Ces mesures, non législatives, visent en premier lieu à assurer la protection de la santé et de l'environnement. 12 millions de francs sont ainsi investis dans le cadre du programme national de recherche PNR64 "Opportunités et risques des nanomatériaux". Ce programme a débuté en décembre 2010 pour une durée de cinq ans et doit contribuer à combler une partie des lacunes encore existantes dans un domaine relativement nouveau. Il fait écho à de nombreux programmes internationaux, notamment européens, auxquels la Suisse prend une part active. Les nouvelles connaissances ainsi acquises permettront si nécessaire d'ajuster le cadre législatif à l'évolution des connaissances scientifiques.

1. Le Conseil fédéral n'estime pas nécessaire l'introduction d'une loi propre aux nanomatériaux puisque la législation en vigueur répond à la préoccupation principale de la motionnaire. Les nanomatériaux sont déjà soumis à plusieurs lois (loi sur les denrées alimentaires, loi sur les produits thérapeutiques, loi sur les produits chimiques) qui régissent leurs différents domaines d'applications et ce, même s'ils n'y sont pas mentionnés explicitement. Ainsi, il existe pour les denrées alimentaires, les médicaments, les biocides et les produits phytosanitaires, des procédures d'évaluation, d'autorisation et d'enregistrement auxquelles les nanomatériaux ne font pas exception et qui garantissent la protection de la santé des consommateurs. Les produits chimiques, dans un régime d'autocontrôle, sont soumis à des procédures de notifications pour les substances nouvelles et d'enregistrement pour les substances dangereuses ou les mélanges contenant de telles substances.

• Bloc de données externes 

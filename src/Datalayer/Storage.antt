-- ===== src/Datalayer/Storage.antt =====
-- datalayer/storage.py, `SecureImageStore`. hashlib, urllib and pathlib are the record `System`, an
-- encryptor is a parameter, and so are its random bytes. A path is its parts, a disk what each path
-- holds. A blob appears whole: the temporary file and its renaming are one write.
pub mod Paths
pub mod Vault
use loyiha.Base.{
  ℕ, ◌+◌, Bool, true, false, not, ◌&&◌, ◌||◌, ◌==◌, Option, none, some, List, [], ◌∷◌, ◌++◌, String,
  str_eq, if◌then◌else◌, length, Result, ok, raised,
}
use loyiha.Contracts.Common.{StorageRef, append}
use loyiha.Contracts.Common.Fields.{storage_ok}
use loyiha.Datalayer.Ingestion.{Bytes}

pub record Encryptor : Type 0 where
  pub encrypt : ℕ → Bytes → Bytes
  pub decrypt : Bytes → Option Bytes

abbrev pub dev_passthrough : Encryptor
dev_passthrough = record { encrypt = λ nonce p. p; decrypt = λ c. some c }

-- `urlparse(uri).scheme`, `unquote(urlparse(uri).path)`, `Path(raw).resolve()`, `path.as_uri()`;
-- `none` where the library raises
pub record System : Type 0 where
  pub scheme : String → Option String
  pub url_path : String → String
  pub resolve : String → Option (List String)
  pub as_uri : List String → String
  pub sha256_hex : Bytes → String

pub record SecureImageStore : Type 0 where
  pub root : List String
  pub enc : Encryptor

-- `ValueError` of `put`, pydantic's of a reference, a path that is no path, and the two of the module
pub data StorageError : Type 0 where
  empty_bytes invalid_ref invalid_path egress_refused store_integrity : StorageError

abbrev pub Disk : Type 0
Disk = List String → Option Bytes

abbrev pub is_file : Option Bytes → Bool
is_file none = false
is_file (some c) = true

abbrev pub is_empty : Bytes → Bool
is_empty [] = true
is_empty (b ∷ bs) = false

unfoldable pub same_path : List String → List String → Bool
same_path [] [] = true
same_path [] (q ∷ qs) = false
same_path (p ∷ ps) [] = false
same_path (p ∷ ps) (q ∷ qs) = str_eq p q && same_path ps qs

unfoldable pub write : List String → Bytes → Disk → Disk
write path c disk q = if same_path path q then some c else disk q

-- `sha256[:2]`
abbrev pub first_two : String → String
first_two String.[] = String.[]
first_two (String.◌∷◌ a String.[]) = String.◌∷◌ a String.[]
first_two (String.◌∷◌ a (String.◌∷◌ b s)) = String.◌∷◌ a (String.◌∷◌ b String.[])

-- `self._root in path.parents or path == self._root`
unfoldable pub is_within : List String → List String → Bool
is_within [] path = true
is_within (r ∷ rs) [] = false
is_within (r ∷ rs) (p ∷ ps) = str_eq r p && is_within rs ps

module _ (sys : System) (store : SecureImageStore) where
  -- `_blob_path`
  unfoldable pub blob_path : String → List String
  blob_path sha256 = store.root ++ (first_two sha256 ∷ append sha256 ".blob" ∷ [])

  abbrev pub ref_of : Bytes → String → StorageRef
  ref_of plaintext media_type = record {
    uri = sys.as_uri (blob_path (sys.sha256_hex plaintext));
    media_type = media_type;
    sha256 = sys.sha256_hex plaintext;
    size_bytes = length plaintext;
  }

  -- `put`: identical bytes are stored once
  unfoldable pub put : ℕ → Bytes → String → Disk → Result StorageError StorageRef × Disk
  put nonce plaintext media_type disk =
      if is_empty plaintext
      then (raised empty_bytes, disk)
      else let path = blob_path (sys.sha256_hex plaintext) in
        let ref = ref_of plaintext media_type in
        (
          if storage_ok ref then ok ref else raised invalid_ref,
          if is_file (disk path) then disk else write path (store.enc.encrypt nonce plaintext) disk,
        )

  abbrev pub in_root : Option (List String) → Result StorageError (List String)
  in_root none = raised invalid_path
  in_root (some path) = if is_within store.root path then ok path else raised egress_refused

  abbrev pub local_path : String → Option String → Result StorageError (List String)
  local_path uri none = raised invalid_path
  local_path uri (some scheme) =
      if str_eq scheme "file"
      then in_root (sys.resolve (sys.url_path uri))
      else if str_eq scheme ""
      then in_root (sys.resolve uri)
      else raised egress_refused

  -- `_resolve_local`
  unfoldable pub resolve_local : StorageRef → Result StorageError (List String)
  resolve_local ref = local_path ref.uri (sys.scheme ref.uri)

  abbrev pub exists_at : Disk → Result StorageError (List String) → Result StorageError Bool
  exists_at disk (ok path) = ok (is_file (disk path))
  exists_at disk (raised egress_refused) = ok false
  exists_at disk (raised e) = raised e

  -- `exists`
  unfoldable pub exists : StorageRef → Disk → Result StorageError Bool
  exists ref disk = exists_at disk (resolve_local ref)

  abbrev pub verified : StorageRef → Option Bytes → Result StorageError Bytes
  verified ref none = raised store_integrity
  verified ref (some plaintext) =
      if not (length plaintext == ref.size_bytes)
      then raised store_integrity
      else if not (str_eq (sys.sha256_hex plaintext) ref.sha256)
      then raised store_integrity
      else ok plaintext

  abbrev pub read_blob : StorageRef → Option Bytes → Result StorageError Bytes
  read_blob ref none = raised store_integrity
  read_blob ref (some c) = verified ref (store.enc.decrypt c)

  abbrev pub get_at :
      StorageRef → Disk → Result StorageError (List String) → Result StorageError Bytes
  get_at ref disk (raised e) = raised e
  get_at ref disk (ok path) = read_blob ref (disk path)

  -- `get`
  unfoldable pub get : StorageRef → Disk → Result StorageError Bytes
  get ref disk = get_at ref disk (resolve_local ref)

Des adaptations sont toutefois indispensables au niveau des ordonnances concernées. Les premières modifications concernant la législation sur les produits chimiques sont déjà proposées dans le cadre de la quatrième révision de l'ordonnance sur les produits chimiques, actuellement en procédure d'audition. Elle prévoit notamment de signaler la présence de nanoparticules lors de la notification de nouvelles substances, ainsi que lors de la déclaration de substances dangereuses ou de préparations contenant de telles substances.

Le projet de révision de la loi sur les denrées alimentaires (PLDAI) actuellement en discussion au Parlement permet comme la loi actuelle de restreindre ou d'interdire l'emploi de procédés physiques, chimiques ou microbiologiques (art. 20 PLDAI), ce qui concerne également la nanotechnologie.

2. Dans un souci d'information du consommateur, l'Union européenne introduira une mention sur l'étiquette des produits cosmétiques et des denrées alimentaires signalant la présence de nanomatériaux, et ce respectivement en 2013 et 2014. Des délais transitoires sont prévus. Le Conseil fédéral examine actuellement l'opportunité d'introduire également une telle exigence et d'adapter, le cas échéant, les ordonnances y relatives. Il veillera à consulter les milieux intéressés au préalable.

3. Les différentes procédures mentionnées au chiffre 1 permettent non seulement de protéger la santé des consommateurs mais également aux autorités d'avoir une vue d'ensemble des produits sur le marché en fonction de leur domaine d'application. Un registre des nanomatériaux produits et importés en Suisse tel que celui demandé par la motionnaire serait très coûteux et ne tiendrait pas compte de la diversité des applications et des risques spécifiques.

Durant le premier semestre 2012, un rapport rédigé par le DFI, le DETEC et le DFE devra rendre compte au Conseil fédéral de l'évolution de la situation nationale et internationale ainsi que de l'avancement des mesures prévues dans le plan d'action de 2008. Les conditions-cadres pour l'application de mesures concrètes y seront notamment analysées à la lumière des connaissances les plus actuelles et de l'expérience des dernières années.

Le Conseil fédéral propose de rejeter la motion.